■ **What you need to do**
Every line below that includes "Reach" counts toward the total. Report that total alone.

(Entries taken from a collection)

Content starts

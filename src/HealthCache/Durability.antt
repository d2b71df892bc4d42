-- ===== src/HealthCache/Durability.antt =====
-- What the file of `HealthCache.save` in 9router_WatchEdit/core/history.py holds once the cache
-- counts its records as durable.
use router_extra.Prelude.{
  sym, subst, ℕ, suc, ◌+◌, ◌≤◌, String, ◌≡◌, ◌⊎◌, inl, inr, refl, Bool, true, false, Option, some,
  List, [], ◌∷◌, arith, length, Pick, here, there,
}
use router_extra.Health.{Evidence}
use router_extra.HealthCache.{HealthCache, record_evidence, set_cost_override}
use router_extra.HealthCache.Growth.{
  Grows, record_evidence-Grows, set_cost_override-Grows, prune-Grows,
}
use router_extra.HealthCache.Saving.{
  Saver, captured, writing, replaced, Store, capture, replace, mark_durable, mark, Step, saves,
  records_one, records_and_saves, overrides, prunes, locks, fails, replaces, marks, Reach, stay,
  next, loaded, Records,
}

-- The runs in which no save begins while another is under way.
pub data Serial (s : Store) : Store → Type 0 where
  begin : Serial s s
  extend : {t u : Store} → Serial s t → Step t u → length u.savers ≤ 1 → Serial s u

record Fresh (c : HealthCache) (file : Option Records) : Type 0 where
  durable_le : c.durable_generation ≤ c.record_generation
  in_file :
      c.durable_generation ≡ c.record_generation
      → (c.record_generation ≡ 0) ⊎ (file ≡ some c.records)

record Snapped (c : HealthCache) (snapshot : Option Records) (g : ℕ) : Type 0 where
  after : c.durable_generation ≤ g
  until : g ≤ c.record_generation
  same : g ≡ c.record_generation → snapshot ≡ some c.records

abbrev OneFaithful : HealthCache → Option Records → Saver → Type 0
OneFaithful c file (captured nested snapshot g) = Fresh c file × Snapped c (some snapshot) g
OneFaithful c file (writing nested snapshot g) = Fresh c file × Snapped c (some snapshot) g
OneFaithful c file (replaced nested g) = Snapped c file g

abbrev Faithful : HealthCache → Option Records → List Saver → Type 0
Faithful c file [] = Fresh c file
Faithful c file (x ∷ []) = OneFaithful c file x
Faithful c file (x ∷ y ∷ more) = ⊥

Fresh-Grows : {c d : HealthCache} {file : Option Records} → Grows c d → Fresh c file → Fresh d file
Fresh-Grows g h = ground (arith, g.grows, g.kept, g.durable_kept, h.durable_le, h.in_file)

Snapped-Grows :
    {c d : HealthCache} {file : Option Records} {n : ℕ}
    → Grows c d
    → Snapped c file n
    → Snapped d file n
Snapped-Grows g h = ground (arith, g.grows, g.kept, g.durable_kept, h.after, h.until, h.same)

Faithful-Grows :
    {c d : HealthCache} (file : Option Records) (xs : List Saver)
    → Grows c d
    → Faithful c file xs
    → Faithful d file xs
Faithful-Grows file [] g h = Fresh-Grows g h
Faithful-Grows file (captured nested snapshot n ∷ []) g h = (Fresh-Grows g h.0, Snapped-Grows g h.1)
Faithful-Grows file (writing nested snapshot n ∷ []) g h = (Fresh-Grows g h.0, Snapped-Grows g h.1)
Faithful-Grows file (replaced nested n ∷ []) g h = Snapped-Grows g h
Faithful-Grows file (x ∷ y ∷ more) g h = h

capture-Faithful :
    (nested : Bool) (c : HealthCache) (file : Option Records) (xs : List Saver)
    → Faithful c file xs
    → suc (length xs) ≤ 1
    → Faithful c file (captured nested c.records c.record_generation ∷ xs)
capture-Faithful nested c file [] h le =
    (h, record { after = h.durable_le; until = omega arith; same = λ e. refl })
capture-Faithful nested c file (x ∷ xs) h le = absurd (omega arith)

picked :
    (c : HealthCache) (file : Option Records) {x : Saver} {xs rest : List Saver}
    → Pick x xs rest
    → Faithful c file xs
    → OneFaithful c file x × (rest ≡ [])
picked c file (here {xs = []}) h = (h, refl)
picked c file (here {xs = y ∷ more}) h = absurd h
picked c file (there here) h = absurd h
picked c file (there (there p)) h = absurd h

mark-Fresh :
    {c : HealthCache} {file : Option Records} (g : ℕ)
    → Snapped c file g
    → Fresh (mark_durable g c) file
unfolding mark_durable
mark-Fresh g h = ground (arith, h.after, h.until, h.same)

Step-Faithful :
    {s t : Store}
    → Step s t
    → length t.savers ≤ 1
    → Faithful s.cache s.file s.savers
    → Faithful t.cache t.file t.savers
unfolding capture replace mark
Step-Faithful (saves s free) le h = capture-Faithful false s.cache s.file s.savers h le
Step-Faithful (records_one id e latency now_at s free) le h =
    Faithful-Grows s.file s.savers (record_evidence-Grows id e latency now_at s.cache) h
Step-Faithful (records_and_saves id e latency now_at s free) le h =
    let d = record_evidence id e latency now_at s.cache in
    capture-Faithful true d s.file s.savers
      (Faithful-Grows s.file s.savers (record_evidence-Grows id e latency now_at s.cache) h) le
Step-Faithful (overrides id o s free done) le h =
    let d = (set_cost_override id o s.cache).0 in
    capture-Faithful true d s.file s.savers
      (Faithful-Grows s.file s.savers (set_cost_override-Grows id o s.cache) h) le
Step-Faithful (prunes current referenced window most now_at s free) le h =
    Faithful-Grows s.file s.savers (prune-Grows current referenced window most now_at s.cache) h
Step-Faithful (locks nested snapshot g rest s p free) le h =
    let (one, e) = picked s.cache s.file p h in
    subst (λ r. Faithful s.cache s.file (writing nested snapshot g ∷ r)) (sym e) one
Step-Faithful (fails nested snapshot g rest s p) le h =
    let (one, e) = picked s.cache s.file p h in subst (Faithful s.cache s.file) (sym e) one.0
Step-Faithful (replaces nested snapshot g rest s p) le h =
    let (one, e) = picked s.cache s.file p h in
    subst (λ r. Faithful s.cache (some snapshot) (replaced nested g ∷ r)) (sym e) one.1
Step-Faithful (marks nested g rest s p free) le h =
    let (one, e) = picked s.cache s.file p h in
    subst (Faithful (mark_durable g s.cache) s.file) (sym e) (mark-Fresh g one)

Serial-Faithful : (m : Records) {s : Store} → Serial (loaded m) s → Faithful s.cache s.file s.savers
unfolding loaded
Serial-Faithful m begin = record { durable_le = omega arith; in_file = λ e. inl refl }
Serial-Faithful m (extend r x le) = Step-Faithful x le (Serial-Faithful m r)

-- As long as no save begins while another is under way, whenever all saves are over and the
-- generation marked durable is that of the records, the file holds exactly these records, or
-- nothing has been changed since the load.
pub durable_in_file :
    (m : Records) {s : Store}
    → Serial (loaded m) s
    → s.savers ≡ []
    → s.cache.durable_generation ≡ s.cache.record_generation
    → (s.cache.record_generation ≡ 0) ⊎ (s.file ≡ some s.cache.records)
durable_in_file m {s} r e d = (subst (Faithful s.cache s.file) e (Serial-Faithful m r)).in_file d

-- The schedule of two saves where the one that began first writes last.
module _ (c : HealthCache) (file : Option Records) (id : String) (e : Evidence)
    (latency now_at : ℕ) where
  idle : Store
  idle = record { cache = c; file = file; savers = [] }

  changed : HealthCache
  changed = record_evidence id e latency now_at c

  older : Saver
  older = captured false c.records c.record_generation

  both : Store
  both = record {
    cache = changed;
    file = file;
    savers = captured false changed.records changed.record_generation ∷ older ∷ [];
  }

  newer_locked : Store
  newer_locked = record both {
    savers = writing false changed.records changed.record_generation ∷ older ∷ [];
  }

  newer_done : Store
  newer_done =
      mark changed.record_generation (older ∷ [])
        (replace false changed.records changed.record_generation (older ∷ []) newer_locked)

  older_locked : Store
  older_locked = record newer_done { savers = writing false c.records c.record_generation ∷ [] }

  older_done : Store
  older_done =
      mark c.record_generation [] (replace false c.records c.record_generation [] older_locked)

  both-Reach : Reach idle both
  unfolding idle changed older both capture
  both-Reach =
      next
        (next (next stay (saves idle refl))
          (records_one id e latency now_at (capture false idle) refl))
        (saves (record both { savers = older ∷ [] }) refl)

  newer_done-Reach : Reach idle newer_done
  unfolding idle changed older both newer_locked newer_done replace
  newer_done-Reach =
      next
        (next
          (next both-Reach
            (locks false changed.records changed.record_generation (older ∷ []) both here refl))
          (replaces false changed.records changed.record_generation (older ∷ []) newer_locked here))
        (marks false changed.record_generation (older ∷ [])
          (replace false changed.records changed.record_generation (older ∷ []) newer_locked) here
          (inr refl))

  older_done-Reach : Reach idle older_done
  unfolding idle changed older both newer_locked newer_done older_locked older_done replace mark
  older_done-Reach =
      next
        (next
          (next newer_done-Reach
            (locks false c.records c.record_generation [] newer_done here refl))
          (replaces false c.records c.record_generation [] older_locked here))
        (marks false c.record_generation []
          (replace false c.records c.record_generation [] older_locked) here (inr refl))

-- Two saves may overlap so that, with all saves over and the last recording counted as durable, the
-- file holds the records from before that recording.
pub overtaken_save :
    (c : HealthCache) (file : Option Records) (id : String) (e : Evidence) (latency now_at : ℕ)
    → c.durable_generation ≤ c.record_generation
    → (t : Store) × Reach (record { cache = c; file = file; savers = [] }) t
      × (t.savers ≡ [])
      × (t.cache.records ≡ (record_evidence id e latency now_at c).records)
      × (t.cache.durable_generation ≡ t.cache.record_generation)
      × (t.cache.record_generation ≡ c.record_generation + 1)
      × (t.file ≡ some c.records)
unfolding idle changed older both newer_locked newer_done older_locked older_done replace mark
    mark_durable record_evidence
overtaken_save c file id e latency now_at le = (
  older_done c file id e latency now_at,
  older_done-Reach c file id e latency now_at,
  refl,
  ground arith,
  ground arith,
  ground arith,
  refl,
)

Content ends
Content starts

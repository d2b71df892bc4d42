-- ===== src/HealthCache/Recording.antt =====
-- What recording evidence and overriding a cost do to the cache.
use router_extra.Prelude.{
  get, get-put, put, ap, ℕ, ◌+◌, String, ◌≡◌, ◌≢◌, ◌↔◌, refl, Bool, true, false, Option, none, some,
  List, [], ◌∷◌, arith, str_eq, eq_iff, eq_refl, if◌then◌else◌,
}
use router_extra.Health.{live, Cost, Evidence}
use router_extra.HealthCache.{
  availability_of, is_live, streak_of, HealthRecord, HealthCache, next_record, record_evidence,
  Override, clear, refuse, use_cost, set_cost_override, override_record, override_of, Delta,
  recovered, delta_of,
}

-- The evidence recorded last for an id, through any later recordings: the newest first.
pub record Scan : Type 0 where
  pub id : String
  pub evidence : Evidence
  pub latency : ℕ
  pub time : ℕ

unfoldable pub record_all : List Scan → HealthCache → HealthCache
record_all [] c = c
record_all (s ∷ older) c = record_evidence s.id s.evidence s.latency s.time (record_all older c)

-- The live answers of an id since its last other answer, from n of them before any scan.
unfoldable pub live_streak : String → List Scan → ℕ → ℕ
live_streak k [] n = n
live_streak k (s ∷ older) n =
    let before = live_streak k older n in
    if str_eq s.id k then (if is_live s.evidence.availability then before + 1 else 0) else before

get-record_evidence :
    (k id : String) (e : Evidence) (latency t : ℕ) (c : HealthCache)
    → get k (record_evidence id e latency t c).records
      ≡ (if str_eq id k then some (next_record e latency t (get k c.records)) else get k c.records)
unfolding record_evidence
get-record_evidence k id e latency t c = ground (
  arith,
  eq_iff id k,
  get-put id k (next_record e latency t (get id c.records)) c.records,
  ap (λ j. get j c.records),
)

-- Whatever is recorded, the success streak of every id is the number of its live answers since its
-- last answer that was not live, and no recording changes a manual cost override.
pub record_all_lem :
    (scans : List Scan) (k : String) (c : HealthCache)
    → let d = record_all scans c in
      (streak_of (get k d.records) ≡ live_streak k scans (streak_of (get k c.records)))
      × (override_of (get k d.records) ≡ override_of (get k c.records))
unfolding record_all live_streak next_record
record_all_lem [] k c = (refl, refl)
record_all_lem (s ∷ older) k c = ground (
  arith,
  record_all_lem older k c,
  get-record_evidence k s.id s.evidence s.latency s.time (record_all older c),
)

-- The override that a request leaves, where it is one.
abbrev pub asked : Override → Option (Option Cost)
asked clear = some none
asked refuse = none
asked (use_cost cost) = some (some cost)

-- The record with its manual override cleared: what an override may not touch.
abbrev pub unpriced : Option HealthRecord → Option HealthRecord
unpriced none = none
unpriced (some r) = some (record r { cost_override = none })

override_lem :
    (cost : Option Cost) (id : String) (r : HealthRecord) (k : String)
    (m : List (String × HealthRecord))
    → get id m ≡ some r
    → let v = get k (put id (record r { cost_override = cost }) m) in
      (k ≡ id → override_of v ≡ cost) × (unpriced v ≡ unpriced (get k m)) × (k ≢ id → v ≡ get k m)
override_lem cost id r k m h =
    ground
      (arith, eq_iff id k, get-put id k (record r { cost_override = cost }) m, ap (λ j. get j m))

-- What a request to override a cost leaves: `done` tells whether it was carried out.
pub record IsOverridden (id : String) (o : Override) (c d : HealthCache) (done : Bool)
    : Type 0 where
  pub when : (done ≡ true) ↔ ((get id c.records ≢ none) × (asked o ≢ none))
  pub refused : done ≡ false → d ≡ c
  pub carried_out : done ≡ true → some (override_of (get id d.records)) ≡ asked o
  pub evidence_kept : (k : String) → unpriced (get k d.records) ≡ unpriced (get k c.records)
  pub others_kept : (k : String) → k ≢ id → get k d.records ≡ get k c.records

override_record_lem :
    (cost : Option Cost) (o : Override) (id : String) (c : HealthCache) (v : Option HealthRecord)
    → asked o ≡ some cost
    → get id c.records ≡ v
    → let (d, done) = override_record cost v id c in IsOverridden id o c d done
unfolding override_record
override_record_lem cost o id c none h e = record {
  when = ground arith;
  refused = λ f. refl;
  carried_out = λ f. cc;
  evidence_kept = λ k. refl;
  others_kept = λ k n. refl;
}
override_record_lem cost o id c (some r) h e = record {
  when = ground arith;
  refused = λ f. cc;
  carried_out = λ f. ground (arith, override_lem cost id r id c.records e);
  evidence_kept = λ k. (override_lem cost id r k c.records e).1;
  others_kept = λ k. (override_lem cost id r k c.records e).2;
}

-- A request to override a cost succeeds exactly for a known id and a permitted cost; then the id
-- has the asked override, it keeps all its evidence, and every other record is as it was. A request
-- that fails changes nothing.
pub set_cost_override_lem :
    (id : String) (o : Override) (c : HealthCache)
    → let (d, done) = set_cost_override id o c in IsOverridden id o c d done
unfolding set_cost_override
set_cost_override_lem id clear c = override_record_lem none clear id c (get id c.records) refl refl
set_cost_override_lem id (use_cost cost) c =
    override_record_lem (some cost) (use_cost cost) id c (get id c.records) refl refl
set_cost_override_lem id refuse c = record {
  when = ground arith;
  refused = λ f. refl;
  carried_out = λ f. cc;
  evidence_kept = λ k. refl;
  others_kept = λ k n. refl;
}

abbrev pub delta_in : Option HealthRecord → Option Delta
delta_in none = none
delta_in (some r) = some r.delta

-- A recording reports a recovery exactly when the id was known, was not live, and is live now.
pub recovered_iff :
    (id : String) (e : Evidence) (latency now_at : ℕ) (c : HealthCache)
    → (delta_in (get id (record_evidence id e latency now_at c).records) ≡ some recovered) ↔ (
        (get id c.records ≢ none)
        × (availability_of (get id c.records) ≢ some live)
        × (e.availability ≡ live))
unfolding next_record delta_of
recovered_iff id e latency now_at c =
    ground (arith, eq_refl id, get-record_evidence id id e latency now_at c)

Content ends
Content starts

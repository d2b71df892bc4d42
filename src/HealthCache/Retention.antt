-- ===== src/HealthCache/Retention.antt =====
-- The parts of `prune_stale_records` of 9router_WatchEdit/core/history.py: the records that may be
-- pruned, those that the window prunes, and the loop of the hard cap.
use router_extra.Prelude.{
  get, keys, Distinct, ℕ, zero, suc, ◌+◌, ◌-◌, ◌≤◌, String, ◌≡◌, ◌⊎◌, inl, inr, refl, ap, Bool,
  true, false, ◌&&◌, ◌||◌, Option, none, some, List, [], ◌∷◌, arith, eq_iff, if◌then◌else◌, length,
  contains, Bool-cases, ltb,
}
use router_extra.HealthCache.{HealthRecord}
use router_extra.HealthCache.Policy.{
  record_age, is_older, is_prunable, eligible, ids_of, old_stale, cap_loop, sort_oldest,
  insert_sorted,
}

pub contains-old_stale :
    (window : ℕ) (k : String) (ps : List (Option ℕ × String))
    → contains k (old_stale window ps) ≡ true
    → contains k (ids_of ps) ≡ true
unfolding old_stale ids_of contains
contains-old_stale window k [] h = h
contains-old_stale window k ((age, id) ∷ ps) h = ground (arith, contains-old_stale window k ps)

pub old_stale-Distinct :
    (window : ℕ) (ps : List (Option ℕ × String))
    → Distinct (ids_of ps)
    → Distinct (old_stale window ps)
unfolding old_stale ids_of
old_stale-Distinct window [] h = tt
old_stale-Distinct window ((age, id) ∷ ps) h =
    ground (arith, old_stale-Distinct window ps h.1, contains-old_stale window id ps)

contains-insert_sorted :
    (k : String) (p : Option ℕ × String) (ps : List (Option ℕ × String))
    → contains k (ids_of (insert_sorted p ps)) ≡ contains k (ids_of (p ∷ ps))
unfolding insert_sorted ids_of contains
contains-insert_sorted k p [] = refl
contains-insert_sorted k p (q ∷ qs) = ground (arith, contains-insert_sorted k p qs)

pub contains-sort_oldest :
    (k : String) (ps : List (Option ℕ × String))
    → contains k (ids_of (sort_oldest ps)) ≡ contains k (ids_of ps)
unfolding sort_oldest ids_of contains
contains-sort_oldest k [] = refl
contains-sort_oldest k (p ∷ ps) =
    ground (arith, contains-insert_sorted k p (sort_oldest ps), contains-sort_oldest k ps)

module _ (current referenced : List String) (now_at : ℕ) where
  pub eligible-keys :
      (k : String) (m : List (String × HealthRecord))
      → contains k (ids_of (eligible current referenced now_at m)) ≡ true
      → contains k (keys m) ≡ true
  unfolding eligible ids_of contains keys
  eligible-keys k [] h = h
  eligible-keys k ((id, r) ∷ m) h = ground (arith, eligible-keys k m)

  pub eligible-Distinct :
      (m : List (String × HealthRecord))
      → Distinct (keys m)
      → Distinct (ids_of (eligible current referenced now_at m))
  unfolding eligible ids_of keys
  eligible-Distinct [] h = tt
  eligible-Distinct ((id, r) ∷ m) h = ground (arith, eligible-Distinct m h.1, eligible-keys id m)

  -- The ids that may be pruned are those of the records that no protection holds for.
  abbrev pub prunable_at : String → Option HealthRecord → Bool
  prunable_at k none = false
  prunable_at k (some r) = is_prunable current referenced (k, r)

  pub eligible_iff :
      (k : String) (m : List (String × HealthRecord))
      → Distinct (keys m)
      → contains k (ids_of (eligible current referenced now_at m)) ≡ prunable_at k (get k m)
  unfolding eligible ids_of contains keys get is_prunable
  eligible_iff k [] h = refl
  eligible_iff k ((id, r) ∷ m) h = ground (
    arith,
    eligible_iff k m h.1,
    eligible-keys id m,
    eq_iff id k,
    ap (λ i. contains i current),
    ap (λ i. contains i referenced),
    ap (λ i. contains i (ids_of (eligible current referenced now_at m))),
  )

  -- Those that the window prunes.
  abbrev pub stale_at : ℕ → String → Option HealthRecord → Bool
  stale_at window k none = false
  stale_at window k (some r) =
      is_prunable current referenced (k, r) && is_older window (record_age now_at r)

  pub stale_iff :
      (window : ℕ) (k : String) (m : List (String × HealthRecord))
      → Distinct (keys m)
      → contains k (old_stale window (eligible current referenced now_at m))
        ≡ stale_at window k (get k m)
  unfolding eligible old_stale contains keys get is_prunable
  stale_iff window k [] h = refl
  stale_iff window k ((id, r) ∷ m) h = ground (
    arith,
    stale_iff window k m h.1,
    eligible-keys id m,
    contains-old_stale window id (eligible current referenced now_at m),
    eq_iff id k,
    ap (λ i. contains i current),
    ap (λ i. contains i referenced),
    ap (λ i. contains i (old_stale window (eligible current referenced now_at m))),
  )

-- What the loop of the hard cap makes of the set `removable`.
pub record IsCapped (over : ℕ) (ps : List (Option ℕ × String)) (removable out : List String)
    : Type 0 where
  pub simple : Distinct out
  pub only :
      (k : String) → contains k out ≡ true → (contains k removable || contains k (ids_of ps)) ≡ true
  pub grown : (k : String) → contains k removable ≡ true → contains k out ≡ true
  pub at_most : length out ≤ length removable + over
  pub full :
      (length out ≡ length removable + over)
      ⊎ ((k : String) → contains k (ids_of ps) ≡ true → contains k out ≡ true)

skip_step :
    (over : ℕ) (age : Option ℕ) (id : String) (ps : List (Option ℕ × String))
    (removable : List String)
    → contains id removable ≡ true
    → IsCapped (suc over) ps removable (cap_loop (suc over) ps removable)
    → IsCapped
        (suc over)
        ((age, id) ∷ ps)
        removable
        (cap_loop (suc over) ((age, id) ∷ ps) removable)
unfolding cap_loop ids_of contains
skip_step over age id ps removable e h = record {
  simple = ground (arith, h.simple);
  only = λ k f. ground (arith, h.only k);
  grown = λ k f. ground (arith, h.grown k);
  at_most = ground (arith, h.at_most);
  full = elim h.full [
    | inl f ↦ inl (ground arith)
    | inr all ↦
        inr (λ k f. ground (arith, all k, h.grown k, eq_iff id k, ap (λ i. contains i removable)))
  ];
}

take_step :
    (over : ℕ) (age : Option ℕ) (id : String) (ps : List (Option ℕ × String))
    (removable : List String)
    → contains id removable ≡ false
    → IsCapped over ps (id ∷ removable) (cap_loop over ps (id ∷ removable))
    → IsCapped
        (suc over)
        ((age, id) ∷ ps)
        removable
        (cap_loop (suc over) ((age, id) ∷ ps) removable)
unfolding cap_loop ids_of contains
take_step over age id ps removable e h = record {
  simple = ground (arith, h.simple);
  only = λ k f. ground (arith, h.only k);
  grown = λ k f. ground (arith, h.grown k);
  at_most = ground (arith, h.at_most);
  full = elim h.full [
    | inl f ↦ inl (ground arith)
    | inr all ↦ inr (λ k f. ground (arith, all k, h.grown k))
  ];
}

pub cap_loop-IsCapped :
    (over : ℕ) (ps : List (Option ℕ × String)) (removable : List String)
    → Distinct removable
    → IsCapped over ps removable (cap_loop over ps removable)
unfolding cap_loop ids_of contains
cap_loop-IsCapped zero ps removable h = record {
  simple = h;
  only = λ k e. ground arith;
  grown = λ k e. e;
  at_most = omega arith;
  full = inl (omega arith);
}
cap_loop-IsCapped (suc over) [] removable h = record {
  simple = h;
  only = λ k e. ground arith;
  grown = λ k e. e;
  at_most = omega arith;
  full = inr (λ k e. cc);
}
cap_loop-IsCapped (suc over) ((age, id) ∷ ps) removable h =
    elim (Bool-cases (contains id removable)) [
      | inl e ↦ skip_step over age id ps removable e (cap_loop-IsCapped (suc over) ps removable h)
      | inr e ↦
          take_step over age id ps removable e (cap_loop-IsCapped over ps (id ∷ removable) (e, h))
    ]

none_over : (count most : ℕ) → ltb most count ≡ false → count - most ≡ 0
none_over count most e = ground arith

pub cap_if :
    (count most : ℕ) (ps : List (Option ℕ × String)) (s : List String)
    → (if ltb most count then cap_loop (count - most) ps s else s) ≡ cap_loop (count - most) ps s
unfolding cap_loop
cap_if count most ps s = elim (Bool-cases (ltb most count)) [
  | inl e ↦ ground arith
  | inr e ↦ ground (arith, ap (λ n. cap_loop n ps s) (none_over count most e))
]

Content ends

■ **Reply to the task**
11